Pull Request Description Guidelines

Keep PR descriptions concise and focused:

  • Describe your changes in at most 3 sentences
  • Focus on the what and why, not implementation details
  • If the PR breaks public-facing APIs, use one or two sentences to describe what is broken and how users should adapt

Example of a good PR description:

This PR adds instrumentation to the MCP server runtime. It enables performance monitoring and debugging of tool execution. The changes are backward compatible with existing configurations.

Code of Conduct

This project has adopted the Microsoft Open Source Code of Conduct.

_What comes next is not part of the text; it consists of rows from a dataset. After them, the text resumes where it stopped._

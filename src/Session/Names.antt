-- ===== src/Session/Names.antt =====
-- harness/session_state.py, the names of sessions and runs, and harness/agent_names.py.
use dc_ness.Base.{
  ℕ, ◌≤◌, Text, codes, text_eq, nat_eq, Bool, true, false, ◌&&◌, ◌||◌, Option, none, some, List, [],
  ◌∷◌, length, all, if◌then◌else◌, nat_beq, leb, ◌≡◌, refl, ap, sym, ◌∙◌, arith, starts_with,
  is_empty, ◌≢◌, ◌⊎◌, inl, ◌++◌, mem,
}
use dc_ness.Base.Python.{split, drop_prefix, drop_last, ends_with_char}

abbrev pub is_lower : ℕ → Bool
is_lower c = leb b'a' c && leb c b'z'

abbrev pub is_digit : ℕ → Bool
is_digit c = leb b'0' c && leb c b'9'

abbrev pub is_alnum : ℕ → Bool
is_alnum c = is_lower c || ((leb b'A' c && leb c b'Z') || is_digit c)

abbrev pub id_char : ℕ → Bool
id_char c = is_alnum c || (nat_beq c b'_' || nat_beq c b'-')

-- What a pattern with `$` at its end reads: `$` also stands before a newline at the end.
unfoldable pub without_newline : Text → Text
unfolding ends_with_char drop_last
without_newline t = if ends_with_char 10 t then drop_last t else t

abbrev is_session_id : Text → Bool
is_session_id [] = false
is_session_id (c ∷ t) = is_alnum c && (all id_char t && leb (length t) 255)

-- `SESSION_ID_RE.match`
unfoldable pub valid_session_id : Text → Bool
unfolding without_newline
valid_session_id sid = is_session_id (without_newline sid)

abbrev run_char : ℕ → Bool
run_char c = is_lower c || is_digit c

abbrev is_run_tail : Option Text → Bool
is_run_tail none = false
is_run_tail (some t) = all run_char t && nat_beq (length t) 8

-- `RUN_ID_RE.fullmatch`, by which transition goes.
unfoldable pub is_run_id : Text → Bool
unfolding drop_prefix
is_run_id rid = is_run_tail (drop_prefix (codes "run-") rid)

-- `RUN_ID_RE.match`, by which run_dir and the scan go.
unfoldable pub matches_run_id : Text → Bool
unfolding is_run_id without_newline
matches_run_id rid = is_run_id (without_newline rid)

-- The part behind the first colon, up to the next one.
abbrev second_part : Text → List Text → Text
second_part agent_type (x ∷ y ∷ parts) = y
second_part agent_type _ = agent_type

-- An empty name, for which the code returns None, stays empty.
unfoldable pub normalize_agent_type : Text → Text
unfolding starts_with split
normalize_agent_type agent_type =
    if starts_with agent_type (codes "dcness:")
    then second_part agent_type (split b':' agent_type)
    else agent_type

-- `normalize_agent_type(agent) or agent`
unfoldable pub canonical_agent : Text → Text
unfolding normalize_agent_type
canonical_agent agent =
    let normalized = normalize_agent_type agent in if is_empty normalized then agent else normalized

-- A character that a name which is accepted may have.
abbrev safe_char : ℕ → Bool
safe_char c = id_char c || nat_beq c 10

without_newline-cons :
    (c d : ℕ) (t : Text) → without_newline (c ∷ d ∷ t) ≡ c ∷ without_newline (d ∷ t)
unfolding without_newline ends_with_char drop_last
without_newline-cons c d t = ground arith

without_newline-safe : (t : Text) → all id_char (without_newline t) ≡ true → all safe_char t ≡ true
unfolding without_newline ends_with_char drop_last
without_newline-safe [] h = refl
without_newline-safe (c ∷ []) h = ground arith
without_newline-safe (c ∷ d ∷ t) h =
    let e : all id_char (c ∷ without_newline (d ∷ t)) ≡ true =
      ap (all id_char) (sym (without_newline-cons c d t)) ∙ h in
    ground (arith, e, without_newline-safe (d ∷ t))

session_id_parts :
    (t : Text) → is_session_id t ≡ true → (t ≢ []) × (all id_char t ≡ true) × (length t ≤ 256)
session_id_parts [] h = ground arith
session_id_parts (c ∷ t) h = ((λ e. absurd (∷≢[] e)), ground arith, ground arith)
  where
    ∷≢[] : {c : ℕ} {t : Text} → c ∷ t ≡ [] → ⊥
    ∷≢[] h = cc

without_newline-cases : (t : Text) → (t ≡ without_newline t) ⊎ (t ≡ without_newline t ++ (10 ∷ []))
unfolding without_newline ends_with_char drop_last
without_newline-cases [] = inl refl
without_newline-cases (c ∷ []) = ground arith
without_newline-cases (c ∷ d ∷ t) =
    ground (arith, without_newline-cons c d t, without_newline-cases (d ∷ t))

all-mem-none : (p : ℕ → Bool) (c : ℕ) (t : Text) → p c ≡ false → all p t ≡ true → mem c t ≡ false
unfolding mem
all-mem-none p c [] other h = refl
all-mem-none p c (d ∷ t) other h =
    ground (arith, other, h, all-mem-none p c t other, nat_eq.same_iff c d)

-- A name that is accepted for a session is a text of letters, digits, `_` and `-`, not empty and of
-- at most 256 characters, or such a text with one newline behind it; so it holds no slash, no
-- backslash and no dot.
pub valid_session_id-safe :
    (sid : Text)
    → valid_session_id sid ≡ true
    → ((t : Text) × ((sid ≡ t) ⊎ (sid ≡ t ++ (10 ∷ [])))
        × (t ≢ [])
        × (all id_char t ≡ true)
        × (mem 10 t ≡ false)
        × (length t ≤ 256))
      × (mem b'/' sid ≡ false)
      × (mem b'\\' sid ≡ false)
      × (mem b'.' sid ≡ false)
unfolding valid_session_id
valid_session_id-safe sid h =
    let (filled, chars, short) = session_id_parts (without_newline sid) h in
    let safe : all safe_char sid ≡ true = without_newline-safe sid chars in
    (
      (
        without_newline sid,
        without_newline-cases sid,
        filled,
        chars,
        all-mem-none id_char 10 _ refl chars,
        short,
      ),
      all-mem-none safe_char b'/' sid refl safe,
      all-mem-none safe_char b'\\' sid refl safe,
      all-mem-none safe_char b'.' sid refl safe,
    )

For more information, see the Code of Conduct FAQ or contact opencode@microsoft.com.

CI/CD and Docker

Running CI Locally

Test your changes in the same environment as CI:

# Run CI tests locally with Docker
just ci-local

# Build and test (without Docker)
just ci-build-test

# Build and test including GHCR (GitHub Container Registry) tests
just ci-build-test-ghcr

Docker Commands

# View Docker cache information
just ci-cache-info

# Clean Docker images and cache
just ci-clean

Project Structure

wassette/
├── src/                    # Main source code
├── crates/                 # Additional crates
├── examples/               # Example WebAssembly components
│   ├── fetch-rs/          # Rust example
│   ├── filesystem-rs/     # Rust filesystem example
│   ├── get-weather-js/    # JavaScript example
│   ├── time-server-js/    # JavaScript time example
│   ├── eval-py/           # Python example
│   └── gomodule-go/       # Go example
├── docs/                   # Documentation source (mdBook)
├── tests/                  # Integration tests
├── scripts/                # Utility scripts
├── .github/               # GitHub workflows and instructions
│   └── instructions/      # AI agent instruction files
└── Justfile               # Development commands

Additional Resources

  • Architecture: docs/design/architecture.md
  • Permission System: docs/design/permission-system.md
  • Component Schemas: docs/design/component2json-structured-output.md
  • CLI Reference: docs/reference/cli.md
  • FAQ: docs/faq.md
  • Installation Guide: docs/installation.md
  • MCP Clients Setup: docs/mcp-clients.md

Quick Reference

Common Commands

# Development
just build              # Build project
just test               # Run tests
just run                # Start MCP server
cargo +nightly fmt      # Format code
cargo clippy            # Run linter

# Testing with Inspector (ALWAYS do this before committing)
just run                # Terminal 1: Start server
npx @modelcontextprotocol/inspector --cli http://127.0.0.1:9001/sse --method tools/list    # Terminal 2: List tools
npx @modelcontextprotocol/inspector --cli http://127.0.0.1:9001/sse --method tools/call --tool-name TOOL_NAME --tool-arg key=value    # Test a tool

# Documentation
just docs-serve         # View docs locally

# CI/Docker
just ci-local           # Run CI locally

# Utilities
./scripts/copyright.sh  # Add copyright headers

Environment Variables

  • RUST_LOG: Set log level (e.g., info, debug, trace)
  • OPENWEATHER_API_KEY: Required for weather example
  • GITHUB_TOKEN: For CI and GHCR tests

Support

License

This project is licensed under the MIT License. See LICENSE for details.